O Mercador de Veneza no Tucarena: A Tragédia do Capital na Falsa Comédia de Shakespeare
6 de outubro de 2025
A opção central e mais radical desta montagem é o reposicionamento de Shylock, do status de vilão antissemita para o de protagonista trágico. A montagem compreende o paradoxo: o dramaturgo herda os estereótipos antissemitas da avareza e da implacabilidade, mas injeta neles as contradições de uma personagem que entende as contrações do ambiente em que está inserida.
Shylock não é uma caricatura, mas um homem visceralmente marcado pela violência social. Vemos sua dor ao ser cuspido por Antônio, seu desespero ao ser abandonado pela filha, Jessica, e sua fria decisão de usar as únicas armas que o sistema lhe concede — o contrato e a lógica financeira — para se vingar. O célebre monólogo — “Se nos furar, não sangramos?… Se nos envenenar, não morremos?” — sempre consciente de como a sua “diferença” é instrumentalizada pelo poder.

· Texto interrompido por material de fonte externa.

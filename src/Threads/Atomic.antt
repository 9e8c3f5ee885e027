-- ===== src/Threads/Atomic.antt =====
-- AtomicInteger: calls from many threads, one after the other in any order.
use network_ydxlib.Base.{ℕ, ◌+◌, ◌%◌, ◌^◌, ◌≡◌, refl, ap, ◌∙◌, List, [], ◌∷◌, arith}
use network_ydxlib.Sender
use network_ydxlib.Threads.{get_and_add, add_and_get, increment_and_get, decrement_and_get}

-- The value after the calls of `getAndAdd` with these numbers.
abbrev pub after_adds : (w : ℕ) → List ℕ → ℕ → ℕ
after_adds w [] value = value
after_adds w (x ∷ xs) value = after_adds w xs (get_and_add w x value).1

abbrev pub sum : List ℕ → ℕ
sum [] = 0
sum (x ∷ xs) = x + sum xs

pub after_adds-sum :
    (xs : List ℕ) (value : ℕ) → after_adds 32 xs value % 2 ^ 32 ≡ (value + sum xs) % 2 ^ 32
unfolding get_and_add
after_adds-sum [] value = ap (λ n. n % 2 ^ 32) (omega arith)
after_adds-sum (x ∷ xs) value = after_adds-sum xs ((value + x) % 2 ^ 32) ∙ omega arith

-- The counters of Sender are such integers of 32 bits.
pub increment_lem : (n : ℕ) → (increment_and_get 32 n).1 ≡ Sender.increment n
unfolding increment_and_get add_and_get get_and_add
increment_lem n = refl

pub decrement_lem : (n : ℕ) → (decrement_and_get 32 n).1 ≡ Sender.decrement n
unfolding decrement_and_get add_and_get get_and_add
decrement_lem n = omega arith
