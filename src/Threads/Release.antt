-- ===== src/Threads/Release.antt =====
-- Thread: each handle that pthread_create made is given back once.
use network_ydxlib.Base.{
  ℕ, ◌≡◌, refl, sym, ap, ap₂, ◌∙◌, subst, some-inj, Bool, true, false, ◌&&◌, not, some, List, [],
  ◌∷◌, ◌++◌, if◌then◌else◌, append-nil,
}
use network_ydxlib.Threads.{Thread, create, start, join, destroy}

-- Calls in the order that pthreads asks for, which neither `start` nor `join` sees to: each start comes
-- first or after the join of the one before it, and each join after a start. The second index says whether
-- the last start waits for its join.
pub data Life : Thread → Bool → Type 0 where
  created : (print : ℕ → List ℕ) (num : ℕ) (name : List ℕ) → Life (create print num name).0 false
  starts : {t u : Thread} (id : ℕ) → Life t false → start (some id) t ≡ some u → Life u true
  joins : {t : Thread} → Life t true → Life (join t) false

-- Before the destructor: what was made and joined, and nothing detached.
record IsHeld (t : Thread) (waits : Bool) : Type 0 where
  none_detached : t.detaches ≡ []
  made : t.runs ≡ (if waits then t.pthread_id ∷ t.joins else t.joins)
  none_joined : t.joined ≡ false → t.joins ≡ []
  all_joined : waits ≡ false → t.started ≡ t.joined
  running : waits ≡ true → t.started ≡ true

Life-IsHeld : {t : Thread} {waits : Bool} → Life t waits → IsHeld t waits
unfolding create start join
Life-IsHeld (created print num name) = record {
  none_detached = refl;
  made = refl;
  none_joined = λ e. refl;
  all_joined = λ e. refl;
  running = λ e. absurd (cc e);
}
Life-IsHeld (starts {t} id l e) =
    let h = Life-IsHeld l in
    subst (λ u. IsHeld u true) (some-inj e)
      (record {
        none_detached = h.none_detached;
        made = ap (λ x. id ∷ x) h.made;
        none_joined = h.none_joined;
        all_joined = λ e. absurd (cc e);
        running = λ e. refl;
      })
Life-IsHeld (joins {t} l) =
    let h = Life-IsHeld l in
    record {
      none_detached = h.none_detached;
      made = h.made;
      none_joined = λ e. absurd (cc e);
      all_joined = λ e. h.running refl;
      running = λ e. absurd (cc e);
    }

destroy-by :
    (s j : Bool) (t : Thread)
    → t.started ≡ s
    → t.joined ≡ j
    → destroy t ≡ (if s && not j then record t { detaches = t.pthread_id ∷ t.detaches } else t)
unfolding destroy
destroy-by s j t e f =
    ap₂ (λ a b. if a && not b then record t { detaches = t.pthread_id ∷ t.detaches } else t) e f

abbrev Released : Thread → Type 0
Released t = t.joins ++ t.detaches ≡ t.runs

over : (t : Thread) → t.joined ≡ false → IsHeld t true → Released (destroy t)
over t never h = subst Released (sym (destroy-by true false t (h.running refl) never)) (
    ap₂ (λ x y. x ++ (t.pthread_id ∷ y)) (h.none_joined never) h.none_detached
    ∙ ap (λ x. t.pthread_id ∷ x) (sym (h.none_joined never))
    ∙ sym h.made)

joined_all : (t : Thread) (j : Bool) → t.joined ≡ j → IsHeld t false → Released (destroy t)
joined_all t true e h =
    subst Released (sym (destroy-by true true t (h.all_joined refl ∙ e) e))
      (ap (λ x. t.joins ++ x) h.none_detached ∙ append-nil t.joins ∙ sym h.made)
joined_all t false e h =
    subst Released (sym (destroy-by false false t (h.all_joined refl ∙ e) e))
      (ap (λ x. t.joins ++ x) h.none_detached ∙ append-nil t.joins ∙ sym h.made)

-- Let `start`, whose pthread_create succeeds, and `join` be called on a thread in turn, the start first,
-- any number of times, and let no call of `join` have been made if the last start still waits for one.
-- Then the handles that pthread_create has made are, after the destructor, those that were joined or
-- detached, each of them once.
pub destroy-released :
    {t : Thread} {waits : Bool}
    → Life t waits
    → (waits ≡ true → t.joined ≡ false)
    → (destroy t).joins ++ (destroy t).detaches ≡ (destroy t).runs
destroy-released {t} {waits = true} l h = over t (h refl) (Life-IsHeld l)
destroy-released {t} {waits = false} l h = joined_all t t.joined refl (Life-IsHeld l)

-- `joined_` is never reset: a thread that is started again after a join, and not joined again, keeps the
-- handle of its last start, which the destructor does not detach.
pub destroy-restarted :
    {t : Thread}
    → Life t true
    → t.joined ≡ true
    → (destroy t).runs ≡ t.pthread_id ∷ ((destroy t).joins ++ (destroy t).detaches)
destroy-restarted {t} l j =
    let h = Life-IsHeld l in
    subst (λ u. u.runs ≡ t.pthread_id ∷ (u.joins ++ u.detaches))
      (sym (destroy-by true true t (h.running refl) j))
      (h.made
        ∙ ap (λ x. t.pthread_id ∷ x)
            (sym (append-nil t.joins) ∙ ap (λ x. t.joins ++ x) (sym h.none_detached)))
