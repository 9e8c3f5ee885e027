-- ===== src/Threads/Tests.antt =====
-- Threads at concrete states.
use network_ydxlib.Base.{ℕ, ◌≡◌, refl, some, List, [], ◌∷◌, ◌++◌}
use network_ydxlib.Threads.{Thread, create, start, destroy}
use network_ydxlib.Threads.Release.{created, starts, destroy-released}

abbrev digit : ℕ → List ℕ
digit n = n ∷ []

abbrev fresh : Thread
fresh = (create digit 3 []).0

-- Running with the handle 7.
abbrev running : Thread
running = record fresh { started = network_ydxlib.Base.true; pthread_id = 7; runs = 7 ∷ [] }

running-start : start (some 7) fresh ≡ some running
unfolding create start
running-start = refl

-- A thread that was started and is not joined is detached.
destroy-released_example :
    (destroy running).joins ++ (destroy running).detaches ≡ (destroy running).runs
unfolding create
destroy-released_example =
    destroy-released (starts 7 (created digit 3 []) running-start) (λ e. refl)
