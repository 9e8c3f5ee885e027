-- ===== src/Timestamp.antt =====
-- class Timestamp of timestamp.h and timestamp.cpp: microseconds since the epoch. A time that does
-- not fit an int64_t, which is undefined behaviour in the source, is not told apart here.
pub mod Parts
use network_ydxlib.Base.{ℕ, Bool}
use network_ydxlib.Base.Int.{ℤ, pos, ltb_ℤ, sub_ℤ, add_ℤ, quot, rem, scale}

pub record Timestamp : Type 0 where
  pub micro_seconds_since_epoch : ℤ

abbrev pub micro_seconds_per_sec : ℕ
micro_seconds_per_sec = 1000000

unfoldable pub valid : Timestamp → Bool
valid t = ltb_ℤ (pos 0) t.micro_seconds_since_epoch

unfoldable pub seconds_since_epoch : Timestamp → ℤ
seconds_since_epoch t = quot t.micro_seconds_since_epoch micro_seconds_per_sec

abbrev pub invalid : Timestamp
invalid = record { micro_seconds_since_epoch = pos 0 }

unfoldable pub from_unix_time : (t microseconds : ℤ) → Timestamp
from_unix_time t microseconds = record {
  micro_seconds_since_epoch = add_ℤ (scale t micro_seconds_per_sec) microseconds;
}

-- What `gettimeofday` gives is the argument.
unfoldable pub now : (tv_sec tv_usec : ℤ) → Timestamp
now tv_sec tv_usec = record {
  micro_seconds_since_epoch = add_ℤ (scale tv_sec micro_seconds_per_sec) tv_usec;
}

-- `delta` is `seconds * micro_seconds_per_sec` as an integer; the source computes it in doubles.
unfoldable pub add_time : Timestamp → (delta : ℤ) → Timestamp
add_time t delta = record { micro_seconds_since_epoch = add_ℤ t.micro_seconds_since_epoch delta }

unfoldable pub is_before : Timestamp → Timestamp → Bool
is_before lhs rhs = ltb_ℤ lhs.micro_seconds_since_epoch rhs.micro_seconds_since_epoch

unfoldable pub time_difference_micro : Timestamp → Timestamp → ℤ
time_difference_micro high low =
    quot (sub_ℤ high.micro_seconds_since_epoch low.micro_seconds_since_epoch) 1000

-- The numbers that `to_string` prints, as "%ld.%06ld".
unfoldable pub to_string_parts : Timestamp → ℤ × ℤ
to_string_parts t = (
  quot t.micro_seconds_since_epoch micro_seconds_per_sec,
  rem t.micro_seconds_since_epoch micro_seconds_per_sec,
)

Este Shylock ganha contornos ainda mais precisos. Ele é a encarnação do capital financeiro primordial, a face necessária mas desprezada de um sistema que o cristão Antônio, o capitalista mercantil, desdenha publicamente mas do qual depende na prática. O contrato da libra de carne é a materialização mais literal e grotesca do fetichismo da mercadoria: a vida humana é reduzida a um colateral, um puro valor de troca. A exigência de Shylock é, portanto, uma luta de classe distorcida: ele luta contra o sistema utilizando a lógica desumana do próprio sistema, e é por ela que será aniquilado.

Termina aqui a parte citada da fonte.